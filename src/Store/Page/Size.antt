-- ===== src/Store/Page/Size.antt =====
-- On internal/store/paginate.go: the length of a page.
use the_500mb_club_challenge.Prelude.{
  ℕ, suc, ◌≤◌, ◌≡◌, refl, List, [], some, Bytes, ok, leb, length, take, length-take,
  get_elem?_below, arith, Bool-cases, inl, inr,
}
use the_500mb_club_challenge.Prelude.Int.{ℤ}
use the_500mb_club_challenge.Model.Point.{Point}
use the_500mb_club_challenge.Store.Page.{build_page, full_page}

full_page-some :
    (page : List Point) (limit : ℕ) (ts : ℤ) (skip : ℕ) (last : Point)
    → (next : Bytes) × (full_page page limit ts skip (some last) ≡ ok (page, next))
unfolding full_page
full_page-some page limit ts skip last = (_, refl)

pub build_page-length :
    (fetched : List Point) (n : ℕ) (ts : ℤ) (skip : ℕ)
    → (page : List Point) × (next : Bytes) × (build_page fetched (suc n) ts skip ≡ ok (page, next))
      × (length page ≤ suc n)
unfolding build_page
build_page-length fetched n ts skip = elim (Bool-cases (leb (length fetched) (suc n))) [
  | inl e ↦ (fetched, [], rw (build_page, e) refl, ground (arith, e))
  | inr e ↦
      let (last, q) =
        get_elem?_below (take (suc n) fetched) n (ground (arith, e, length-take (suc n) fetched)) in
      let (next, built) = full_page-some (take (suc n) fetched) (suc n) ts skip last in
      (
        take (suc n) fetched,
        next,
        rw (build_page, e, q) built,
        omega (arith, length-take (suc n) fetched),
      )
]
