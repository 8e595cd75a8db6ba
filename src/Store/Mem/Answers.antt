-- ===== src/Store/Mem/Answers.antt =====
-- What `Range` answers on a device whose members are well formed.
use the_500mb_club_challenge.Resp.{max_alloc}
use the_500mb_club_challenge.Prelude.{
  le→ltb, ◌*◌, ℕ, suc, ◌+◌, ◌≤◌, ◌≡◌, refl, ◌⊎◌, inl, inr, List, [], ◌∷◌, Bytes, Result, ok, err,
  length, take, drop, filter, All-drop, All-filter,
}
use the_500mb_club_challenge.Prelude.Int.{ℤ}
use the_500mb_club_challenge.Cursor
use the_500mb_club_challenge.Cursor.Laws.{decode_cases}
use the_500mb_club_challenge.Model.Point.{Point}
use the_500mb_club_challenge.Store.{Error}
use the_500mb_club_challenge.Store.Page.Size.{build_page-length}
use the_500mb_club_challenge.Store.Mem.{
  point_size, MemStore, range, range_from, lower_bound, in_window,
}
use the_500mb_club_challenge.Store.Mem.Invariant.{IsMember, HoldsMembers}
use the_500mb_club_challenge.Store.Mem.View.{point_of, fetch-map}
use mathlib.Core.List.{map}

-- A page that keeps the limit, or the error of the cursor.
abbrev pub IsAnswer : ℕ → Result Error (List Point × Bytes) → Type 0
IsAnswer limit r =
    ((page : List Point) × (next : Bytes) × (r ≡ ok (page, next)) × (length page ≤ limit))
    ⊎ ((e : Cursor.Error) × (r ≡ err (Error.cursor e)))

range_from-IsAnswer :
    (ms : List Bytes) (to : ℤ) (n : ℕ) (start : ℤ × ℕ)
    → HoldsMembers ms
    → (suc n + 1) * point_size ≤ max_alloc
    → IsAnswer (suc n) (range_from ms to (suc n) start)
unfolding range_from
range_from-IsAnswer ms to n (ts, skip) h fits =
    let fetched = map point_of (take (suc n + 1) (drop skip (filter (in_window ts to) ms))) in
    let (page, next, q, small) = build_page-length fetched n ts skip in
    rw
      (
        range_from,
        le→ltb max_alloc ((suc n + 1) * point_size) fits,
        fetch-map (drop skip (filter (in_window ts to) ms)) (suc n + 1)
            (All-drop IsMember skip _ (All-filter IsMember (in_window ts to) ms h.members)),
      )
      (inl (page, next, q, small))

pub lower_bound_cases :
    (from : ℤ) (cur : Bytes)
    → ((start : ℤ × ℕ) × (lower_bound from cur ≡ ok start))
      ⊎ (lower_bound from cur ≡ err Cursor.invalid)
unfolding lower_bound
lower_bound_cases from [] = inl ((from, 0), refl)
lower_bound_cases from (c ∷ cur) = decode_cases (c ∷ cur)

pub range-IsAnswer :
    (m : MemStore) (id : Bytes) (from to : ℤ) (n : ℕ) (cur : Bytes)
    → HoldsMembers (m.dev id)
    → (suc n + 1) * point_size ≤ max_alloc
    → IsAnswer (suc n) (range m id from to (suc n) cur)
unfolding range
range-IsAnswer m id from to n cur h fits = elim (lower_bound_cases from cur) [
  | inl (start, q) ↦ rw (range, q) (range_from-IsAnswer (m.dev id) to n start h fits)
  | inr q ↦ rw (range, q) (inr (Cursor.invalid, refl))
]
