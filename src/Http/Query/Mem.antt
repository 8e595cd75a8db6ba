-- ===== src/Http/Query/Mem.antt =====
-- On internal/httpapi/query.go: range queries over the in-memory store.
use the_500mb_club_challenge.Prelude.{
  ℕ, zero, suc, ◌≤◌, ◌≡◌, refl, ◌⊎◌, inl, inr, true, false, Option, none, some, List, [], Bytes,
  codes, ok, length, arith, Bool-cases, Option-cases,
}
use the_500mb_club_challenge.Prelude.Int.{ℤ, ltb_ℤ, ◌≤ℤ◌}
use the_500mb_club_challenge.Golang.Float64.{Float64}
use the_500mb_club_challenge.Model.Point.{Point}
use the_500mb_club_challenge.Store.Mem.{MemStore, append, range, recent}
use the_500mb_club_challenge.Store.Mem.Invariant.{HoldsMembers}
use the_500mb_club_challenge.Store.Mem.Answers.{range-IsAnswer}
use the_500mb_club_challenge.Http.Validate.{
  valid_id, parse_int64, parse_limit, parse_limit_range, max_limit,
}
use the_500mb_club_challenge.Http.Writer.{
  IsCoherent, write_header, write_body, write_json, fresh, set_header,
}
use the_500mb_club_challenge.Http.Json.{append_range_json}
use the_500mb_club_challenge.Http.Handler.{Store, State, Outcome, read_status, reply}
use the_500mb_club_challenge.Http.Query.{Request, refuse, run_query, query_window, query}

-- `NewMem` as a `Store`; its `Ping` never fails.
abbrev pub mem_store : Store MemStore
mem_store = record {
  ping = λ m. (m, ok tt);
  append = append;
  range = λ m id from to limit cur. (m, range m id from to limit cur);
  recent = λ m id n. (m, recent m id n);
}

module _ (format_float : Float64 → ℕ → Bytes) (r : Request) (st : State MemStore) where
  -- The page of a query whose parameters are all good.
  pub record IsPage (o : Outcome MemStore) (from to : ℤ) (limit : ℕ) (page : List Point)
      (next : Bytes) : Type 0 where
    pub valid : valid_id r.id ≡ true
    pub lower : parse_int64 (r.query (codes "from")) ≡ some from
    pub upper : parse_int64 (r.query (codes "to")) ≡ some to
    pub ordered : from ≤ℤ to
    pub limited : parse_limit (r.query (codes "limit")) ≡ some limit
    pub small : (length page ≤ limit) × (limit ≤ max_limit)
    pub found : range st.store r.id from to limit (r.query (codes "cursor")) ≡ ok (page, next)
    pub status : o.writer.status ≡ 200
    pub body : o.writer.body ≡ append_range_json format_float [] page next

  -- Nothing but the response changes; it is a 400 without a body, or a page.
  pub record IsReply (o : Outcome MemStore) : Type 0 where
    pub state : o.state ≡ st
    pub calm : o.panicked ≡ false
    pub coherent : IsCoherent o.writer
    pub answer :
        ((o.writer.status ≡ 400) × (o.writer.body ≡ []))
        ⊎ ((from to : ℤ) × (limit : ℕ) × (page : List Point) × (next : Bytes) × IsPage o from to
              limit page next)

  bad-IsReply : (header : Bytes → Bytes) → IsReply (reply st (fresh header) 400)
  unfolding fresh write_header
  bad-IsReply header = record {
    state = refl;
    calm = refl;
    coherent = record { sent = refl; unsent = λ e. cc e };
    answer = inl (refl, refl);
  }

  run-IsReply :
      (from to : ℤ) (limit : ℕ) (header : Bytes → Bytes)
      → valid_id r.id ≡ true
      → parse_int64 (r.query (codes "from")) ≡ some from
      → parse_int64 (r.query (codes "to")) ≡ some to
      → from ≤ℤ to
      → parse_limit (r.query (codes "limit")) ≡ some limit
      → HoldsMembers (st.store.dev r.id)
      → IsReply (
          run_query mem_store format_float r.id from to limit
            (r.query (codes "cursor"))
            st
            (fresh header))
  unfolding run_query write_json write_body write_header fresh set_header refuse read_status
  run-IsReply from to zero header v a b o l h = absurd (omega (arith, (parse_limit_range _ l).0))
  run-IsReply from to (suc n) header v a b o l h =
      elim (range-IsAnswer st.store r.id from to n (r.query (codes "cursor")) h
        (omega (arith, (parse_limit_range _ l).1))) [
          | inl (page, next, q, small) ↦
              rw (run_query, q)
                (record {
                  state = refl;
                  calm = refl;
                  coherent = record { sent = refl; unsent = λ e. cc e };
                  answer = inr (
                    from,
                    to,
                    suc n,
                    page,
                    next,
                    record {
                      valid = v;
                      lower = a;
                      upper = b;
                      ordered = o;
                      limited = l;
                      small = (small, (parse_limit_range _ l).1);
                      found = q;
                      status = refl;
                      body = refl;
                    },
                  );
                })
          | inr (e, q) ↦ rw (run_query, q) (bad-IsReply header)
        ]

  window-IsReply :
      (header : Bytes → Bytes) (from to : Option ℤ)
      → valid_id r.id ≡ true
      → parse_int64 (r.query (codes "from")) ≡ from
      → parse_int64 (r.query (codes "to")) ≡ to
      → HoldsMembers (st.store.dev r.id)
      → IsReply (query_window mem_store format_float r from to st (fresh header))
  unfolding query_window
  window-IsReply header none to v a b h = bad-IsReply header
  window-IsReply header (some from) none v a b h = bad-IsReply header
  window-IsReply header (some from) (some to) v a b h = elim (Bool-cases (ltb_ℤ to from)) [
    | inl e ↦ rw (query_window, e) (bad-IsReply header)
    | inr e ↦ elim (Option-cases (parse_limit (r.query (codes "limit")))) [
      | inl d ↦ rw (query_window, e, d) (bad-IsReply header)
      | inr (limit, d) ↦
          rw (query_window, e, d) (run-IsReply from to limit header v a b (ground arith) d h)
    ]
  ]

  -- Over an in-memory store whose members of the queried device are in order, a range query
  -- changes neither the store nor a counter, never panics, and leaves the response coherent (the
  -- wrapper knows the status line that is sent). Its response is a 400 without a body, or a 200
  -- whose body is the JSON of the page and cursor that Range returns, where the id is valid, from
  -- and to are read with from <= to, the limit is read and at most 500, and the page keeps the
  -- limit.
  pub query-IsReply :
      (header : Bytes → Bytes)
      → HoldsMembers (st.store.dev r.id)
      → IsReply (query mem_store format_float r st (fresh header))
  unfolding query
  query-IsReply header h = elim (Bool-cases (valid_id r.id)) [
    | inl e ↦ rw (query, e) (window-IsReply header _ _ e refl refl h)
    | inr e ↦ rw (query, e) (bad-IsReply header)
  ]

++++++++++

» **What you need to do**: Print exactly the lines that run from the line containing "window-IsReply header (some from) none" to the end of the data, both ends included.

» **Response for this exercise**:
  window-IsReply header (some from) none v a b h = bad-IsReply header
  window-IsReply header (some from) (some to) v a b h = elim (Bool-cases (ltb_ℤ to from)) [
    | inl e ↦ rw (query_window, e) (bad-IsReply header)
    | inr e ↦ elim (Option-cases (parse_limit (r.query (codes "limit")))) [
      | inl d ↦ rw (query_window, e, d) (bad-IsReply header)
      | inr (limit, d) ↦
          rw (query_window, e, d) (run-IsReply from to limit header v a b (ground arith) d h)
    ]
  ]

  -- Over an in-memory store whose members of the queried device are in order, a range query
  -- changes neither the store nor a counter, never panics, and leaves the response coherent (the
  -- wrapper knows the status line that is sent). Its response is a 400 without a body, or a 200
  -- whose body is the JSON of the page and cursor that Range returns, where the id is valid, from
  -- and to are read with from <= to, the limit is read and at most 500, and the page keeps the
  -- limit.
  pub query-IsReply :
      (header : Bytes → Bytes)
      → HoldsMembers (st.store.dev r.id)
      → IsReply (query mem_store format_float r st (fresh header))
  unfolding query
  query-IsReply header h = elim (Bool-cases (valid_id r.id)) [
    | inl e ↦ rw (query, e) (window-IsReply header _ _ e refl refl h)
    | inr e ↦ rw (query, e) (bad-IsReply header)
  ]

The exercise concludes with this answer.